I got a curious response from one of my readers last week. It was quite amusing, except VERY SAD.
I should preface it with an old medical joke: something works well in practice—but does it stand up in theory? (you know it should be the other way round: “It’s OK in theory but does it actually WORK in practice?” is the real question).
The joke is, of course, about things working well and yet don’t seem to fit with accepted theory. There’s lots of that in medical science!
Well, this guy read some comments about Mike Adams on my blog. The visitor is a “Mike Adams is a smart guy and knows everything” kind of hero worshipper. He was then going to check me out, he said, to see if I knew what I was talking about in comparison!
Seems very odd to me that you would be measuring one of the world’s top alternative physicians, who has been a pioneer for 40 years and made medical history on more than one occasion, against a blogger who has no medical training and never served a patient in his life?
No disrespect to Mike, who has his own action agenda, but isn’t this a kind of crazy logic? How can you compare a person who’s DONE it, been there and got the t-shirt, with someone who sits at home and thinks about it?
More to the point, this sort of hero worship is very bad. The measure by which I like to judge my information is whether it has any scientific validity: are there studies to support this? Not who said it.
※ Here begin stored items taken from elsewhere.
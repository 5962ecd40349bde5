-- ===== src/Prelude/Text/Cut.antt =====
-- `strings.Cut` and a text put together of two parts and a separator.
use Prim.Native.Char.{Char, code}
use Prim.Native.String.{String, [], ◌∷◌, ◌++◌}
use Prim.Native.String.append
use mathlib.Core.Path.{◌≡◌, refl, sym, ap, ap₂, ◌∙◌, subst}
use mathlib.Core.Logic.{inl, inr}
use mathlib.Core.Bool.{true}
use mathlib.Core.List as L
use mathlib.Core.Option.{Option, none, some}
use native.Mathlib.Omega.{arith}
use text.Mathlib.TextEquality.{Char-path}
use gatus_sidecar.Prelude.Tests.{
  if_true, if_false, num_eq_iff, if◌then◌else◌, Bool-cases, some_inj, none≢some,
}
use gatus_sidecar.Prelude.Equality.{◌==◌, string_eq}
use gatus_sidecar.Prelude.Text.{cut, has_prefix, drop_prefix, concat}

drop_has_prefix : (s p : String) → has_prefix s p ≡ true → p ++ drop_prefix s p ≡ s
unfolding has_prefix drop_prefix
drop_has_prefix s [] h = append.nil s
drop_has_prefix [] (d ∷ p) h = cc
drop_has_prefix (c ∷ s) (d ∷ p) h =
    let same : d ≡ c = sym (Char-path c d ((num_eq_iff (code c) (code d)).0 (ground arith))) in
    append.cons d p (drop_prefix s p) ∙ ap₂ ◌∷◌ same (drop_has_prefix s p (ground arith))

prepend : Char → Option (String × String) → Option (String × String)
prepend c none = none
prepend c (some (before, after)) = some (c ∷ before, after)

-- The clause of `cut` for a character, with a name for what it does to the rest.
cut-cons :
    (c : Char) (s sep : String)
    → cut (c ∷ s) sep ≡ (
        if has_prefix (c ∷ s) sep
        then some ("", drop_prefix (c ∷ s) sep)
        else prepend c (cut s sep))
unfolding cut
cut-cons c s sep = by_rest (cut s sep) refl
  where
    by_rest :
        (o : Option (String × String))
        → cut s sep ≡ o
        → cut (c ∷ s) sep ≡ (
            if has_prefix (c ∷ s) sep
            then some ("", drop_prefix (c ∷ s) sep)
            else prepend c (cut s sep))
    by_rest none e = unfold prepend in rw (e, cut)
    by_rest (some (before, after)) e = unfold prepend in rw (e, cut)

cut-nil : (sep : String) → cut "" sep ≡ (if sep == "" then some ("", "") else none)
unfolding cut
cut-nil sep = refl

-- The two parts with the separator between them are the text.
pub cut_joins :
    (s sep before after : String) → cut s sep ≡ some (before, after) → before ++ (sep ++ after) ≡ s
unfolding prepend
cut_joins [] sep before after h = elim (Bool-cases (sep == "")) [
  | inl empty ↦
      let same : some ("", "") ≡ some (before, after) = sym (cut-nil sep ∙ if_true _ _ empty) ∙ h in
      subst (λ (x : String × String). x.0 ++ (sep ++ x.1) ≡ "") (some_inj same)
        (append.nil (sep ++ "")
          ∙ ap (λ x. x ++ "") ((string_eq.beq_iff sep "").0 empty)
          ∙ append.nil "")
  | inr more ↦ absurd (none≢some (sym (cut-nil sep ∙ if_false _ _ more) ∙ h))
]
cut_joins (c ∷ s) sep before after h = elim (Bool-cases (has_prefix (c ∷ s) sep)) [
  | inl found ↦
      let same : some ("", drop_prefix (c ∷ s) sep) ≡ some (before, after) =
        sym (cut-cons c s sep ∙ if_true _ _ found) ∙ h in
      subst (λ (x : String × String). x.0 ++ (sep ++ x.1) ≡ c ∷ s) (some_inj same)
        (append.nil (sep ++ drop_prefix (c ∷ s) sep) ∙ drop_has_prefix (c ∷ s) sep found)
  | inr later ↦
      by_rest (cut s sep) (cut_joins s sep) refl (sym (cut-cons c s sep ∙ if_false _ _ later) ∙ h)
]
  where
    by_rest :
        (o : Option (String × String))
        → ((b a : String) → cut s sep ≡ some (b, a) → b ++ (sep ++ a) ≡ s)
        → cut s sep ≡ o
        → prepend c o ≡ some (before, after)
        → before ++ (sep ++ after) ≡ c ∷ s
    by_rest none ih e k = absurd (none≢some k)
    by_rest (some (b, a)) ih e k =
        subst (λ (x : String × String). x.0 ++ (sep ++ x.1) ≡ c ∷ s) (some_inj k)
          (append.cons c b (sep ++ a) ∙ ap (λ x. c ∷ x) (ih b a e))

prepend-some : (c : Char) (b a : String) → prepend c (some (b, a)) ≡ some (c ∷ b, a)
unfolding prepend
prepend-some c b a = refl

prepend-none : (c : Char) (o : Option (String × String)) → prepend c o ≡ none → o ≡ none
unfolding prepend
prepend-none c none h = refl
prepend-none c (some (b, a)) h = cc

-- Whether a text begins with a slash is a matter of its first character.
slash_first : (c : Char) (s t : String) → has_prefix (c ∷ s) "/" ≡ has_prefix (c ∷ t) "/"
unfolding has_prefix
slash_first c s t = refl

cut_at_slash : (after : String) → cut ("/" ++ after) "/" ≡ some ("", after)
unfolding has_prefix drop_prefix
cut_at_slash after =
    let slash : Char = "/" in
    ap (λ s. cut s "/") (append.cons slash "" after ∙ ap (λ s. slash ∷ s) (append.nil after))
    ∙ cut-cons slash after "/"

-- A text of two parts with a slash between them is cut into these, where the first has no slash.
pub cut-append :
    (s after : String) → cut s "/" ≡ none → cut (s ++ ("/" ++ after)) "/" ≡ some (s, after)
cut-append [] after h = ap (λ s. cut s "/") (append.nil ("/" ++ after)) ∙ cut_at_slash after
cut-append (c ∷ s) after h = elim (Bool-cases (has_prefix (c ∷ s) "/")) [
  | inl found ↦ absurd (none≢some (sym h ∙ (cut-cons c s "/" ∙ if_true _ _ found)))
  | inr later ↦
      let rest : cut s "/" ≡ none =
        prepend-none c (cut s "/") (sym (cut-cons c s "/" ∙ if_false _ _ later) ∙ h) in
      ap (λ x. cut x "/") (append.cons c s ("/" ++ after))
      ∙ cut-cons c (s ++ ("/" ++ after)) "/"
      ∙ if_false _ _ (slash_first c (s ++ ("/" ++ after)) s ∙ later)
      ∙ ap (prepend c) (cut-append s after rest)
      ∙ prepend-some c s after
]

pub append_nil : (s : String) → s ++ "" ≡ s
append_nil [] = append.nil ""
append_nil (c ∷ s) = append.cons c s "" ∙ ap (λ x. c ∷ x) (append_nil s)

-- `namespace + "/" + name`
pub concat_with_slash :
    (s t : String) → concat (L.◌∷◌ s (L.◌∷◌ "/" (L.◌∷◌ t L.[]))) ≡ s ++ ("/" ++ t)
unfolding concat
concat_with_slash s t = ap (λ x. s ++ ("/" ++ x)) (append_nil t)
To measure facts against a person is very silly. We all make mistakes (some more than others). I’ve made plenty, of course. But nothing of the magnitude of blunder of Mike Adams saying, for example, there was no such thing as ADD and ADHD.
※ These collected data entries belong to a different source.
-- ===== src/Controller/Reconcile/Entrypoints.antt =====
-- About `entrypointPorts` of internal/controller/ingressroutetcp_controller.go.
use gatus_sidecar.Prelude.{
  ℕ, String, ◌≡◌, refl, ap, Option, none, some, List, [], ◌∷◌, string_eq, All,
}
use gatus_sidecar.Prelude.Assoc.{Assoc}
use gatus_sidecar.Prelude.Text.{cut}
use gatus_sidecar.Discovery.Entrypoints.{TraefikService, EntrypointPorts}
use gatus_sidecar.Controller.Reconcile.{
  Fetched, there, not_found, get_failed, entrypoint_ports, configured, by_ref, configured_one,
  add_configured, with_overrides,
}

module _ (get get' : String → String → Fetched TraefikService) where
  by_ref-agree :
      (parts : Option (String × String)) (rest rest' : Option (List TraefikService))
      → ((namespace name : String)
          → parts ≡ some (namespace, name)
          → get' namespace name ≡ get namespace name)
      → rest' ≡ rest
      → by_ref get' parts rest' ≡ by_ref get parts rest
  unfolding by_ref
  by_ref-agree none rest rest' h e = refl
  by_ref-agree (some (namespace, name)) rest rest' h e = rw (h namespace name refl, e)

  abbrev pub Agree : String → Type 0
  Agree ref =
      (namespace name : String)
      → cut ref "/" ≡ some (namespace, name)
      → get' namespace name ≡ get namespace name

  configured-Agree :
      (refs : List String) → All Agree refs → configured get' refs ≡ configured get refs
  unfolding configured
  configured-Agree [] h = refl
  configured-Agree (ref ∷ refs) h =
      by_ref-agree (cut ref "/") (configured get refs) (configured get' refs) h.0
        (configured-Agree refs h.1)

-- With configured references the label does not matter, and of the API server's answers only those
-- for the references.
pub entrypoint_ports-Agree :
    (overrides : Assoc String ℕ) (get get' : String → String → Fetched TraefikService)
    (ref : String) (refs : List String) (labelled labelled' : Option (List TraefikService))
    → All (Agree get get') (ref ∷ refs)
    → entrypoint_ports overrides get' (ref ∷ refs) labelled'
      ≡ entrypoint_ports overrides get (ref ∷ refs) labelled
unfolding entrypoint_ports
entrypoint_ports-Agree overrides get get' ref refs labelled labelled' h =
    ap (with_overrides overrides) (configured-Agree get get' (ref ∷ refs) h)

-- The API server answers a request, if only that the object is not there.
abbrev pub Answered : Fetched TraefikService → Type 0
Answered get_failed = ⊥
Answered _ = Unit

abbrev pub IsCut : String → Type 0
IsCut ref = (namespace : String) × (name : String) × (cut ref "/" ≡ some (namespace, name))

module _ (get : String → String → Fetched TraefikService)
    (answered : (namespace name : String) → Answered (get namespace name)) where
  configured_one-some :
      (answer : Fetched TraefikService) (services : List TraefikService)
      → Answered answer
      → (found : List TraefikService) × (configured_one answer (some services) ≡ some found)
  unfolding configured_one add_configured
  configured_one-some (there s) services a = (s ∷ services, refl)
  configured_one-some not_found services a = (services, refl)
  configured_one-some get_failed services a = absurd a

  configured-some :
      (refs : List String)
      → All IsCut refs
      → (services : List TraefikService) × (configured get refs ≡ some services)
  unfolding configured by_ref
  configured-some [] c = ([], refl)
  configured-some (ref ∷ refs) c =
      let (namespace, name, parts) = c.0 in
      let (rest, e) = configured-some refs c.1 in
      let (services, e') =
        configured_one-some (get namespace name) rest (answered namespace name) in
      (services, rw (parts, e) e')

  -- Where every configured reference has a slash and the API server answers, the ports are known.
  pub entrypoint_ports-some :
      (overrides : Assoc String ℕ) (ref : String) (refs : List String)
      (labelled : Option (List TraefikService))
      → All IsCut (ref ∷ refs)
      → (ports : EntrypointPorts) × (entrypoint_ports overrides get (ref ∷ refs) labelled
          ≡ some ports)
        × (ports.overrides ≡ overrides)
  unfolding entrypoint_ports with_overrides
  entrypoint_ports-some overrides ref refs labelled c =
      let (services, e) = configured-some (ref ∷ refs) c in
      (record { overrides = overrides; services = services }, rw e, refl)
I assure you there is. And many dedicated and wonderful physicians worked hard to get this condition recognized back in the 1980s, so that kids were not just labeled “naughty” and punished, when it was really a brain-excitation reaction that drove them crazy.
See, Mike Adams is following the “Big Pharma is bad and anything they say is a lie, therefore they invented ADHD to sell more drugs…” agenda.
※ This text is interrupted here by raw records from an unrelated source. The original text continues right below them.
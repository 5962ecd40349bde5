-- ===== src/Controller/Events/Ports.antt =====
-- About `isTraefikService` of internal/controller/ingressroutetcp_controller.go: an event of a Service
-- that it does not recognise leaves the ports of the entrypoints as they are.
use gatus_sidecar.Prelude.{
  ℕ, String, ◌≡◌, refl, sym, ap, ◌∙◌, ◌≢◌, Bool, false, Option, none, some, List, [], ◌∷◌, ◌++◌,
  map, arith, string_eq, All, All-map, pair_eq, ne_of_beq,
}
use gatus_sidecar.Prelude.Assoc.{Assoc}
use Prim.Native.String.{◌++◌ as ◌<>◌}
use gatus_sidecar.Prelude.Text.{cut}
use gatus_sidecar.Prelude.Text.Cut.{cut_joins, concat_with_slash}
use gatus_sidecar.Discovery.Annotations.{is_one_of}
use gatus_sidecar.Controller.Reconcile.{entrypoint_ports}
use gatus_sidecar.Controller.Reconcile.Entrypoints.{entrypoint_ports-Agree}
use gatus_sidecar.Controller.Primer.{Request, service_request}
use gatus_sidecar.Controller.Cluster.{
  KubeService, Client, option_map, fetched_map, as_traefik_service, ports_in, labelled_services,
}
use gatus_sidecar.Controller.Events.{reference, has_label, is_traefik_service}
use gatus_sidecar.Controller.Events.Cache.{
  keep_if, IsCoherent, ServiceEvent, created, deleted, updated, old_objects, new_objects, subject,
  handed, Happens,
}

keep_if-append :
    {A : Type 0} (p : A → Bool) (xs ys : List A)
    → keep_if p (xs ++ ys) ≡ keep_if p xs ++ keep_if p ys
unfolding keep_if
keep_if-append p [] ys = refl
keep_if-append p (x ∷ xs) ys = ground (arith, keep_if-append p xs ys)

-- The Services that are listed by a label that no object of the event has are the same.
same_labelled :
    (e : ServiceEvent) (front back : List KubeService) (matches : Assoc String String → Bool)
    → All (λ (s : KubeService). matches s.labels ≡ false) (handed e)
    → keep_if (λ (s : KubeService). matches s.labels) (front ++ (new_objects e ++ back))
      ≡ keep_if (λ (s : KubeService). matches s.labels) (front ++ (old_objects e ++ back))
unfolding keep_if
same_labelled (created s) front back matches h = simp (keep_if-append, h.0)
same_labelled (deleted s) front back matches h = simp (keep_if-append, h.0)
same_labelled (updated s t) front back matches h = simp (keep_if-append, h.0, h.1.0)

unlisted_ref :
    (s : KubeService) (refs : List String)
    → is_one_of (reference s) refs ≡ false
    → All (λ ref. ref ≢ reference s) refs
unlisted_ref s [] h = tt
unlisted_ref s (ref ∷ refs) h =
    (ne_of_beq ref (reference s) (ground arith), unlisted_ref s refs (ground arith))

-- A reference that is not that of the object is cut into another namespace or another name.
other_request :
    (s : KubeService) (ref namespace name : String)
    → ref ≢ reference s
    → cut ref "/" ≡ some (namespace, name)
    → ◌≢◌ {A = Request} (namespace, name) (service_request s)
unfolding reference
other_request s ref namespace name h c e = h (
    sym (cut_joins ref "/" namespace name c)
    ∙ ap (λ (q : Request). q.0 <> ("/" <> q.1)) e
    ∙ sym (concat_with_slash s.namespace s.name))

pub All-subject : (P : KubeService → Type 0) (e : ServiceEvent) → All P (handed e) → P (subject e)
All-subject P (created s) h = h.0
All-subject P (deleted s) h = h.0
All-subject P (updated s t) h = h.0

same_labelled_services :
    (e : ServiceEvent) (c c' : Client)
    → IsCoherent c
    → IsCoherent c'
    → Happens e c c'
    → All (λ s. has_label s c.traefik_label ≡ false) (handed e)
    → labelled_services c' ≡ labelled_services c
unfolding labelled_services has_label
same_labelled_services e c c' k k' h n = by_label c.traefik_label refl
  where
    keep : (Assoc String String → Bool) → List KubeService → List KubeService
    keep matches = keep_if (λ (s : KubeService). matches s.labels)

    by_label :
        (o : Option (Assoc String String → Bool))
        → c.traefik_label ≡ o
        → labelled_services c' ≡ labelled_services c
    by_label none q = rw (h.same_label, q)
    by_label (some matches) q =
        let silent : All (λ (s : KubeService). matches s.labels ≡ false) (handed e) =
          All-map _ _ (λ s x. sym (ap (has_label s) q) ∙ x) (handed e) n in
        let same : c'.list_labelled matches ≡ c.list_labelled matches =
          k'.labelled matches
          ∙ ap (option_map (keep matches)) h.listed'
          ∙ ap some (same_labelled e h.front h.back matches silent)
          ∙ sym (k.labelled matches ∙ ap (option_map (keep matches)) h.listed) in
        rw (h.same_label, q) same

-- Where no object that is handed to the map function is a Service of Traefik, the ports of the
-- entrypoints are after the event what they were before.
pub ports_in-unaffected :
    (e : ServiceEvent) (c c' : Client) (overrides : Assoc String ℕ) (refs : List String)
    → IsCoherent c
    → IsCoherent c'
    → Happens e c c'
    → All (λ s. is_traefik_service c refs s ≡ false) (handed e)
    → ports_in c' overrides refs ≡ ports_in c overrides refs
unfolding ports_in is_traefik_service
ports_in-unaffected e c c' overrides [] k k' h n =
    ap
      (λ l.
        entrypoint_ports overrides (λ a b. fetched_map as_traefik_service (c.get_service a b)) []
          (option_map (map as_traefik_service) l))
      (same_labelled_services e c c' k k' h n)
ports_in-unaffected e c c' overrides (ref ∷ refs) k k' h n =
    let unlisted : is_one_of (reference (subject e)) (ref ∷ refs) ≡ false = All-subject _ e n in
    entrypoint_ports-Agree overrides _ _ ref refs
      (option_map (map as_traefik_service) (labelled_services c))
      (option_map (map as_traefik_service) (labelled_services c'))
      (All-map _ _
        (λ r other namespace name cut_in.
          ap (fetched_map as_traefik_service)
            (h.others_get namespace name (other_request (subject e) r namespace name other cut_in)))
        (ref ∷ refs) (unlisted_ref (subject e) (ref ∷ refs) unlisted))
For 40 years I’ve stood up for the “These kids have a problem, it’s an allergy and, just because you are too dumb to admit the existence of allergy and sensitivity reactions, don’t take it out on the kids, let’s fix them…” agenda.
There’s a difference.
I’m not saying don’t read Mike Adams. He’s a TORRENT of cool stuff. But I would suggest, when he and I differ, you remember I’ve treated 10,000s of patients and earned the right to say what I say. I am a clinician first and a blogger second.
Even then, I’m not saying I must be right and Mike wrong. I’m just saying consider the odds: I’m more likely to be right, that’s all.